Uno dei casi più controversi della storia giudiziaria italiana, quello sulla strage di Erba, potrebbe riaprirsi nei prossimi mesi, a 18 anni dal giorno in cui la stessa mattanza è stata compiuta. Per essa sono stati condannati nel 2011 e in via definitiva all’ergastolo i coniugi Olindo Romano e Rosa Bazzi. Soprattutto nei primi mesi, le dichiarazioni fornite dai due sono state discordanti e contraddittorie. Sono passati da una piena confessione alla proclamazione di innocenza.

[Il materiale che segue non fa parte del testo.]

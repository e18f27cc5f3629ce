-- ===== src/Capability/Registry/Invariant.antt =====
-- src/capability.rs, `CapabilityRegistry`: what holds of the table between two calls.
use Prim.Native.Nat.{ℕ, ◌+◌, ◌≤◌, ◌<◌, ◌^◌}
use mathlib.Core.Path.{◌≡◌, refl, ◌∙◌}
use mathlib.Core.Logic.{inl, inr}
use mathlib.Core.Bool.{Bool, true, false, not, ◌&&◌}
use mathlib.Core.Option.{none, some}
use mathlib.Core.List.{List, [], ◌∷◌}
use native.Mathlib.Omega.{arith}
use alani_kernel.Common.Tests.{◌==◌, Option-cases, Bool-cases, ltb, ltb→lt}
use alani_kernel.Common.Lists.{find, find_sound, update_first, count, length, length-update_first}
use alani_kernel.Common.Search.{tally, count-update_first, count-replicate}
use alani_kernel.Error.{KernelError}
use alani_kernel.Outcome.{KernelResult, ok, err, KernelResult-cases}
use alani_kernel.Capability.{TaskId, CapabilitySet, attenuate}
use alani_kernel.Capability.Registry.{
  CapabilityHandle, CapabilityRecord, CapabilityRegistry, max_capability_records, empty_record, new,
  is_free, is_live, next_after, issue, resolve, derive, revoke,
}

-- The record is live under identifier `i`, whatever its generation.
abbrev pub is_live_id : ℕ → CapabilityRecord → Bool
is_live_id i e = not e.revoked && e.handle.id == i

-- The table has its 64 records, and no identifier is live twice, nor from `next_id` on, nor at 0.
pub record IsValid (r : CapabilityRegistry) : Type 0 where
  pub size : length r.records ≡ max_capability_records
  pub id_pos : 0 < r.next_id
  pub id_word : r.next_id < 2 ^ 64
  pub unique : (i : ℕ) → count (is_live_id i) r.records ≤ 1
  pub fresh : (i : ℕ) → r.next_id ≤ i → count (is_live_id i) r.records ≡ 0
  pub no_zero : count (is_live_id 0) r.records ≡ 0

new-IsValid : IsValid new
new-IsValid = record {
  size = refl;
  id_pos = omega arith;
  id_word = omega arith;
  unique = λ i. omega (arith, count-replicate (is_live_id i) 64 empty_record refl);
  fresh = λ i _. count-replicate (is_live_id i) 64 empty_record refl;
  no_zero = refl;
}

-- The handle that `issue` makes, and the table that it leaves.
abbrev pub issued : CapabilityRegistry → TaskId → CapabilitySet → CapabilityHandle
issued r owner_task rights = record {
  id = r.next_id;
  rights = rights.bits;
  owner_task = owner_task;
  generation = r.next_generation;
}

abbrev pub after_issue : CapabilityRegistry → TaskId → CapabilitySet → CapabilityRegistry
after_issue r owner_task rights = record {
  records =
      update_first is_free (λ _. record { handle = issued r owner_task rights; revoked = false })
        r.records;
  next_id = r.next_id + 1;
  next_generation = next_after r.next_generation;
}

-- Either `issue` fails and changes nothing, or a slot was free and it wrote the new handle there.
pub issue_cases {ℓ} :
    (P : KernelResult CapabilityHandle × CapabilityRegistry → Type ℓ) (r : CapabilityRegistry)
    (owner_task : TaskId) (rights : CapabilitySet)
    → ((e : KernelError) → P (err e, r))
    → ((slot : CapabilityRecord)
        → find is_free r.records ≡ some slot
        → r.next_id + 1 < 2 ^ 64
        → P (ok (issued r owner_task rights), after_issue r owner_task rights))
    → P (issue owner_task rights r)
unfolding issue
issue_cases P r owner_task rights failed done = elim (Option-cases (find is_free r.records)) [
  | inl full ↦ rw (full, issue) (failed KernelError.capacity_exceeded)
  | inr (slot, e) ↦ elim (Bool-cases (ltb (r.next_id + 1) (2 ^ 64))) [
    | inl room ↦ rw (e, issue) (rw (room, issue) (done slot e (ltb→lt _ _ room)))
    | inr last ↦ rw (e, issue) (rw (last, issue) (failed KernelError.internal))
  ]
]

after_issue-IsValid :
    (r : CapabilityRegistry) (owner_task : TaskId) (rights : CapabilitySet)
    (slot : CapabilityRecord)
    → IsValid r
    → find is_free r.records ≡ some slot
    → r.next_id + 1 < 2 ^ 64
    → IsValid (after_issue r owner_task rights)
after_issue-IsValid r owner_task rights slot v e room = record {
  size = length-update_first is_free _ r.records ∙ v.size;
  id_pos = omega arith;
  id_word = room;
  unique = λ i. ground (arith, v.unique i, v.fresh i, traded i);
  fresh = λ i h. ground (arith, v.fresh i, traded i);
  no_zero = ground (arith, v.no_zero, v.id_pos, traded 0);
}
  where
    entry : CapabilityRecord
    entry = record { handle = issued r owner_task rights; revoked = false }

    traded :
        (i : ℕ)
        → count (is_live_id i) (update_first is_free (λ _. entry) r.records)
            + tally (is_live_id i slot)
          ≡ count (is_live_id i) r.records + tally (is_live_id i entry)
    traded i = count-update_first is_free (is_live_id i) (λ _. entry) r.records e

issue-IsValid :
    (r : CapabilityRegistry) (owner_task : TaskId) (rights : CapabilitySet)
    → IsValid r
    → IsValid (issue owner_task rights r).1
issue-IsValid r owner_task rights v =
    issue_cases (λ out. IsValid out.1) r owner_task rights (λ _. v)
      λ slot e room. after_issue-IsValid r owner_task rights slot v e room

-- Either `derive` fails and changes nothing, or it issues a set that the parent's rights allow.
pub derive_cases {ℓ} :
    (P : KernelResult CapabilityHandle × CapabilityRegistry → Type ℓ) (r : CapabilityRegistry)
    (parent : CapabilityHandle) (owner_task : TaskId) (requested : CapabilitySet)
    → ((e : KernelError) → P (err e, r))
    → ((held child : CapabilitySet)
        → resolve r parent ≡ ok held
        → attenuate held requested ≡ ok child
        → P (issue owner_task child r))
    → P (derive parent owner_task requested r)
unfolding derive
derive_cases P r parent owner_task requested failed done =
    elim (KernelResult-cases (resolve r parent)) [
      | inr (e, unknown) ↦ rw (unknown, derive) (failed e)
      | inl (held, known) ↦ elim (KernelResult-cases (attenuate held requested)) [
        | inr (e, beyond) ↦ rw (known, derive) (rw (beyond, derive) (failed e))
        | inl (child, inside) ↦
            rw (known, derive) (rw (inside, derive) (done held child known inside))
      ]
    ]

derive-IsValid :
    (r : CapabilityRegistry) (parent : CapabilityHandle) (owner_task : TaskId)
    (requested : CapabilitySet)
    → IsValid r
    → IsValid (derive parent owner_task requested r).1
derive-IsValid r parent owner_task requested v =
    derive_cases (λ out. IsValid out.1) r parent owner_task requested (λ _. v)
      λ held child _ _. issue-IsValid r owner_task child v

-- The table after a revocation.
abbrev pub after_revoke : CapabilityRegistry → CapabilityHandle → CapabilityRegistry
after_revoke r handle = record r {
  records = update_first (is_live handle) (λ e. record e { revoked = true }) r.records;
}

-- Either no live record has the handle and nothing changes, or the record found is marked.
pub revoke_cases {ℓ} :
    (P : KernelResult (Unit {0}) × CapabilityRegistry → Type ℓ) (r : CapabilityRegistry)
    (handle : CapabilityHandle)
    → (find (is_live handle) r.records ≡ none → P (err KernelError.not_found, r))
    → ((found : CapabilityRecord)
        → find (is_live handle) r.records ≡ some found
        → P (ok tt, after_revoke r handle))
    → P (revoke handle r)
unfolding revoke
revoke_cases P r handle missing done = elim (Option-cases (find (is_live handle) r.records)) [
  | inl gone ↦ rw (gone, revoke) (missing gone)
  | inr (found, e) ↦ rw (e, revoke) (done found e)
]

-- One record less is live under the identifier that is revoked, and as many under the others.
pub count-after_revoke :
    (r : CapabilityRegistry) (handle : CapabilityHandle) (i : ℕ) {found : CapabilityRecord}
    → find (is_live handle) r.records ≡ some found
    → count (is_live_id i) (after_revoke r handle).records + tally (handle.id == i)
      ≡ count (is_live_id i) r.records
count-after_revoke r handle i {found} e = ground (
  arith,
  find_sound (is_live handle) r.records e,
  count-update_first (is_live handle) (is_live_id i) (λ x. record x { revoked = true }) r.records e,
)

revoke-IsValid :
    (r : CapabilityRegistry) (handle : CapabilityHandle) → IsValid r → IsValid (revoke handle r).1
revoke-IsValid r handle v =
    revoke_cases (λ out. IsValid out.1) r handle (λ _. v)
      λ found e. record {
        size = length-update_first (is_live handle) _ r.records ∙ v.size;
        id_pos = v.id_pos;
        id_word = v.id_word;
        unique = λ i. omega (arith, v.unique i, count-after_revoke r handle i e);
        fresh = λ i h. omega (arith, v.fresh i h, count-after_revoke r handle i e);
        no_zero = omega (arith, v.no_zero, count-after_revoke r handle 0 e);
      }

-- A call of one of the methods that change the table.
pub data Call : Type 0 where
  issues : TaskId → CapabilitySet → Call
  derives : CapabilityHandle → TaskId → CapabilitySet → Call
  revokes : CapabilityHandle → Call

abbrev pub step : CapabilityRegistry → Call → CapabilityRegistry
step r (issues owner_task rights) = (issue owner_task rights r).1
step r (derives parent owner_task requested) = (derive parent owner_task requested r).1
step r (revokes handle) = (revoke handle r).1

unfoldable pub run : CapabilityRegistry → List Call → CapabilityRegistry
run r [] = r
run r (c ∷ cs) = run (step r c) cs

pub step-IsValid : (r : CapabilityRegistry) (c : Call) → IsValid r → IsValid (step r c)
step-IsValid r (issues owner_task rights) v = issue-IsValid r owner_task rights v
step-IsValid r (derives parent owner_task requested) v =
    derive-IsValid r parent owner_task requested v
step-IsValid r (revokes handle) v = revoke-IsValid r handle v

run-IsValid : (r : CapabilityRegistry) (cs : List Call) → IsValid r → IsValid (run r cs)
unfolding run
run-IsValid r [] v = v
run-IsValid r (c ∷ cs) v = run-IsValid (step r c) cs (step-IsValid r c v)

-- Whatever calls follow, a new registry keeps its 64 records, and no identifier is ever live twice,
-- at zero, or before it was handed out.
pub run-new-IsValid : (cs : List Call) → IsValid (run new cs)
run-new-IsValid cs = run-IsValid new cs new-IsValid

Il 24 febbraio del 2007 in particolare, durante un colloquio con il consulente Massimo Picozzi, Romano fornì un racconto incredibilmente dettagliato sulla strage, ammettendo che fossero stati lui e sua moglie e che non provava alcun rimorso per quanto fatto.
Una mattanza compiuta, a detta sua, senza provare alcuna sensazione, né piacere, né disgusto. Per lui “una cosa normalissima, come ammazzare un coniglio“.
Un dettaglio che ha colpito molto allora e che lascia sgomenti anche oggi, è la spiegazione di Romano sui motivi per cui lui e sua moglie Rosa diedero fuoco all’abitazione:
Mia moglie pensava, ma io non ci credo molto a questa cosa, che (Raffaella Castagna ndr) le avesse fatto fare qualche maleficio da parte di qualcuno. Allora l’unica cosa per distruggere tutto era il fuoco, bruciare. E allora abbiamo dato fuoco.
A detta di Olindo le fiamme, dunque, non furono appiccate per cancellare le prove. Anche perché, dice, erano stati attenti, indossando guanti e non lasciando altre prove in giro.